Extract, unchanged, every line from the top of the material below through the line with "zeros zero = []", and no more.

*** Begin section ***

-- ===== src/Cap/Tests.antt =====
-- Runs of the proof-of-work server on a small policy, and the theorems at concrete inputs.
use servora_platform.Common.{
  ℕ, zero, suc, ◌*◌, ◌^◌, ◌≡◌, ◌≢◌, refl, Bool, true, false, List, [], ◌∷◌, ◌++◌, Option, none,
  some, is_some, all, arith, ◌⊎◌, ltb, if◌then◌else◌, ◌≤◌,
}
use servora_platform.Cap.Bytes
use servora_platform.Cap.Bytes.{Bytes, ℤ, pos}
use servora_platform.Cap.Prng
use servora_platform.Cap.Hex
use servora_platform.Cap.Service
use servora_platform.Cap.Tokens
use servora_platform.Cap.Redeem
use servora_platform.Cap.Calls
use servora_platform.Cap.Once
use servora_platform.Cap.Prng.{prng}
use servora_platform.Cap.Prefix.{starts_with, matches_hex_prefix-starts_with}
use servora_platform.Cap.Hex.{encode_hex, matches_hex_prefix, is_lower_hex, is_lower_hex-prng}
use servora_platform.Cap.Service.{
  ChallengeClaims, Cap, World, Outcome, ok, err, after, now, expired_token, redis_failed,
}
use servora_platform.Cap.Challenge
use servora_platform.Cap.Challenge.{
  ChallengeResponse, signed_token, sign_challenge, create_challenge, verify_challenge,
  to_milliseconds, ttl_of, scope_of, params_of,
}
use servora_platform.Cap.Tokens.{
  token_key, validate_token, validate_token_with_scope, verification_key,
}
use servora_platform.Cap.Redeem.{
  RedeemResponse, failed, challenge_invalid_or_expired, redeem_challenge_with_scope, invalid_body,
}
use servora_platform.Cap.Calls.{Call, run, validates_token}
use servora_platform.Cap.Once.{is_success}
use servora_platform.Cap.Redemption.{redeem_challenge_once}
use servora_platform.Cap.Roundtrip.{mac_of, open-signed_token, verify-create_challenge}
use servora_platform.Cap.Consumption.{validate_token_ok, validate_token_with_scope_ok}
use servora_platform.Cap.Samples.{keys, plain, written}

abbrev policy : Cap
policy = record {
  signing_secret = [];
  key_prefix = 99 ∷ [];
  challenge_params = record { c = pos 1; s = pos 1; d = pos 1 };
  challenge_ttl = pos (600 * 10 ^ 9);
  token_ttl = pos (1200 * 10 ^ 9);
  default_scope = 115 ∷ [];
}

abbrev zeros : ℕ → Bytes
zeros zero = []
zeros (suc n) = 48 ∷ zeros n

abbrev claims : ChallengeClaims
claims = record {
  nonce = zeros 50;
  count = pos 1;
  size = pos 1;
  difficulty = pos 1;
  expires = pos 601000;
  issued_at = pos 1000;
  scope = 115 ∷ [];
}

abbrev token : Bytes
token = signed_token plain policy (written claims)

abbrev empty : World keys.State
empty = record { store = λ k. ([], 0); time = 1000; delays = []; entropy = zeros 100; faults = [] }

runtime : Unit {0}
unfolding Bytes.same Bytes.split Bytes.cut Bytes.contains_byte Bytes.hex_value Bytes.itoa
    Bytes.itoa_digits Bytes.milliseconds Bytes.signed64 Prng.fnv1a Prng.fnv1a_resume Prng.fnv1a_step
    Prng.prng_from_hash Prng.xorshift Prng.digit Prng.fill Prng.take Hex.encode_hex Hex.is_lower_hex
    Hex.is_lower_hex_byte Hex.matches_hex_prefix Service.random_from Service.random_hex Service.now
    Service.run_script Challenge.validate_challenge_params Challenge.params_of Challenge.ttl_of
    Challenge.scope_of Challenge.signed_token Challenge.sign_challenge Challenge.token_parts
    Challenge.read_claims Challenge.open_token Challenge.verify_challenge Challenge.create_challenge
    Tokens.hash_sha256 Tokens.token_key Tokens.verification_key Tokens.consume Tokens.consume_scoped
    Tokens.validate_token Tokens.validate_token_with_scope Redeem.valid_solution Redeem.valid_from
    Redeem.valid_solutions Redeem.check_proof Redeem.nonce_key Redeem.write_keys Redeem.issue
    Redeem.answer_issue Redeem.issue_token Redeem.redeem_proof Redeem.redeem_claims
    Redeem.redeem_challenge_with_scope Calls.perform Calls.run Once.is_success
runtime = tt

-- The solution: the target of the token is the digit 8.
abbrev solution : Option (List ℤ)
solution = some (pos 8 ∷ [])

abbrev first_run : Outcome keys.State RedeemResponse
first_run = redeem_challenge_with_scope plain policy keys token solution (115 ∷ []) empty

abbrev answer : Outcome keys.State RedeemResponse → RedeemResponse
answer (ok r w) = r
answer (err e w) = failed invalid_body

abbrev between : List Call
between = validates_token [] ∷ []

abbrev later_run : Outcome keys.State RedeemResponse
later_run =
    redeem_challenge_with_scope plain policy keys token solution []
      (run plain policy keys between (after first_run))

is_signed : sign_challenge plain policy claims ≡ some token
unfolding runtime
is_signed = refl

good_claims : Challenge.well_formed plain policy claims ≡ true
unfolding runtime
good_claims = refl

first_returns : first_run ≡ ok (answer first_run) (after first_run)
unfolding runtime
first_returns = refl

first_succeeds : is_success (answer first_run) ≡ true
unfolding runtime
first_succeeds = refl

later_returns : later_run ≡ ok (answer later_run) (after later_run)
unfolding runtime
later_returns = refl

later_time : (after later_run).time ≡ 1000
unfolding runtime
later_time = refl

redeem_challenge_once_example : is_success (answer later_run) ≡ false
redeem_challenge_once_example =
    redeem_challenge_once plain policy keys token claims
      (encode_hex (mac_of plain policy (written claims))) 601000 solution solution (115 ∷ []) []
      between empty (after first_run) (after later_run)
      (open-signed_token plain policy claims (written claims) refl good_claims) refl (omega arith)
      first_returns first_succeeds later_returns (omega (arith, later_time))

-- A challenge created at the start, and read a minute later.
abbrev created : Outcome keys.State ChallengeResponse
created = create_challenge plain policy keys none empty

abbrev no_challenge : ChallengeResponse
no_challenge = record { challenge = policy.challenge_params; token = []; expires = 0 }

abbrev response : Outcome keys.State ChallengeResponse → ChallengeResponse
response (ok r w) = r
response (err e w) = no_challenge

abbrev minute_later : World keys.State
minute_later = record (after created) { delays = 60000 ∷ [] }

create_returns : created ≡ ok (response created) (after created)
unfolding runtime
create_returns = refl

reading : now keys minute_later ≡ ok 61000 (after (now keys minute_later))
unfolding runtime
reading = refl

some_ttl : 1 ≤ to_milliseconds (ttl_of policy none)
unfolding ttl_of
some_ttl = omega arith

verify-create_challenge_example :
    (c : ChallengeClaims) × (sig : Bytes) × (c.scope ≡ scope_of policy none)
    × (record { c = c.count; s = c.size; d = c.difficulty } ≡ params_of policy none)
    × (verify_challenge plain policy keys (response created).token minute_later ≡ (
        if ltb (response created).expires 61000
        then err expired_token (after (now keys minute_later))
        else ok (c, sig) (after (now keys minute_later))))
verify-create_challenge_example =
    verify-create_challenge plain policy keys none empty (after created) minute_later
      (after (now keys minute_later)) (response created) 61000 (omega arith) some_ttl create_returns
      reading

-- A token of zeros, stored with the scope "s".
abbrev zero_token : Bytes
zero_token = zeros 16 ++ 58 ∷ zeros 30

abbrev zero_key : Bytes
zero_key = token_key plain policy (zeros 16) (zeros 30)

abbrev stored : World keys.State
stored = record empty { store = keys.psetex zero_key 1000 (115 ∷ []) empty.store }

abbrev validated : Outcome keys.State Bool
validated = validate_token plain policy keys zero_token stored

zero_token_key : verification_key plain policy zero_token ≡ some zero_key
unfolding runtime
zero_token_key = refl

validate_returns : validated ≡ ok true (after validated)
unfolding runtime
validate_returns = refl

validate_token_ok_example :
    (true ≡ is_some (keys.get zero_key stored.store))
    × (keys.get zero_key (after validated).store ≡ none)
validate_token_ok_example =
    validate_token_ok plain policy keys zero_token zero_key stored (after validated) true
      zero_token_key validate_returns

abbrev other_scope : Outcome keys.State Bool
other_scope = validate_token_with_scope plain policy keys zero_token (116 ∷ []) stored

other_scope_returns : other_scope ≡ ok false (after other_scope)
unfolding runtime
other_scope_returns = refl

validate_token_with_scope_ok_example :
    (false ≡ true)
      × (keys.get zero_key stored.store ≡ some (116 ∷ []))
      × (keys.get zero_key (after other_scope).store ≡ none)
    ⊎ (false ≡ false)
      × (keys.get zero_key stored.store ≢ some (116 ∷ []))
      × ((after other_scope).store ≡ stored.store)
validate_token_with_scope_ok_example =
    validate_token_with_scope_ok plain policy keys zero_token zero_key (116 ∷ []) stored
      (after other_scope) false zero_token_key other_scope_returns

is_lower_hex-prng_example : is_lower_hex (prng (115 ∷ []) 5) 5 ≡ true
is_lower_hex-prng_example = is_lower_hex-prng (115 ∷ []) 5

-- The target 0af against a digest that starts with 0aff.
abbrev target_0af : Bytes
target_0af = 48 ∷ 97 ∷ 102 ∷ []

target_is_lower : all Hex.is_lower_hex_byte target_0af ≡ true
unfolding runtime
target_is_lower = refl

matches_hex_prefix-starts_with_example :
    matches_hex_prefix (10 ∷ 255 ∷ []) target_0af
    ≡ starts_with target_0af (encode_hex (10 ∷ 255 ∷ []))
matches_hex_prefix-starts_with_example =
    matches_hex_prefix-starts_with (10 ∷ 255 ∷ []) target_0af (omega arith, (omega arith, tt))
      target_is_lower

-- A verification token of less than a millisecond is refused by Redis, and the challenge is spent.
abbrev hasty : Cap
hasty = record policy { token_ttl = pos 1 }

abbrev hasty_run : Outcome keys.State RedeemResponse
hasty_run = redeem_challenge_with_scope plain hasty keys token solution (115 ∷ []) empty

hasty_fails : hasty_run ≡ err redis_failed (after hasty_run)
unfolding runtime
hasty_fails = refl

hasty_retry :
    redeem_challenge_with_scope plain hasty keys token solution (115 ∷ []) (after hasty_run)
    ≡ ok (failed challenge_invalid_or_expired) (
        after (
          redeem_challenge_with_scope plain hasty keys token solution (115 ∷ []) (after hasty_run)))
unfolding runtime
hasty_retry = refl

*** End section ***

- _WRITTEN SOLUTION_
-- ===== src/Cap/Tests.antt =====
-- Runs of the proof-of-work server on a small policy, and the theorems at concrete inputs.
use servora_platform.Common.{
  ℕ, zero, suc, ◌*◌, ◌^◌, ◌≡◌, ◌≢◌, refl, Bool, true, false, List, [], ◌∷◌, ◌++◌, Option, none,
  some, is_some, all, arith, ◌⊎◌, ltb, if◌then◌else◌, ◌≤◌,
}
use servora_platform.Cap.Bytes
use servora_platform.Cap.Bytes.{Bytes, ℤ, pos}
use servora_platform.Cap.Prng
use servora_platform.Cap.Hex
use servora_platform.Cap.Service
use servora_platform.Cap.Tokens
use servora_platform.Cap.Redeem
use servora_platform.Cap.Calls
use servora_platform.Cap.Once
use servora_platform.Cap.Prng.{prng}
use servora_platform.Cap.Prefix.{starts_with, matches_hex_prefix-starts_with}
use servora_platform.Cap.Hex.{encode_hex, matches_hex_prefix, is_lower_hex, is_lower_hex-prng}
use servora_platform.Cap.Service.{
  ChallengeClaims, Cap, World, Outcome, ok, err, after, now, expired_token, redis_failed,
}
use servora_platform.Cap.Challenge
use servora_platform.Cap.Challenge.{
  ChallengeResponse, signed_token, sign_challenge, create_challenge, verify_challenge,
  to_milliseconds, ttl_of, scope_of, params_of,
}
use servora_platform.Cap.Tokens.{
  token_key, validate_token, validate_token_with_scope, verification_key,
}
use servora_platform.Cap.Redeem.{
  RedeemResponse, failed, challenge_invalid_or_expired, redeem_challenge_with_scope, invalid_body,
}
use servora_platform.Cap.Calls.{Call, run, validates_token}
use servora_platform.Cap.Once.{is_success}
use servora_platform.Cap.Redemption.{redeem_challenge_once}
use servora_platform.Cap.Roundtrip.{mac_of, open-signed_token, verify-create_challenge}
use servora_platform.Cap.Consumption.{validate_token_ok, validate_token_with_scope_ok}
use servora_platform.Cap.Samples.{keys, plain, written}

abbrev policy : Cap
policy = record {
  signing_secret = [];
  key_prefix = 99 ∷ [];
  challenge_params = record { c = pos 1; s = pos 1; d = pos 1 };
  challenge_ttl = pos (600 * 10 ^ 9);
  token_ttl = pos (1200 * 10 ^ 9);
  default_scope = 115 ∷ [];
}

abbrev zeros : ℕ → Bytes
zeros zero = []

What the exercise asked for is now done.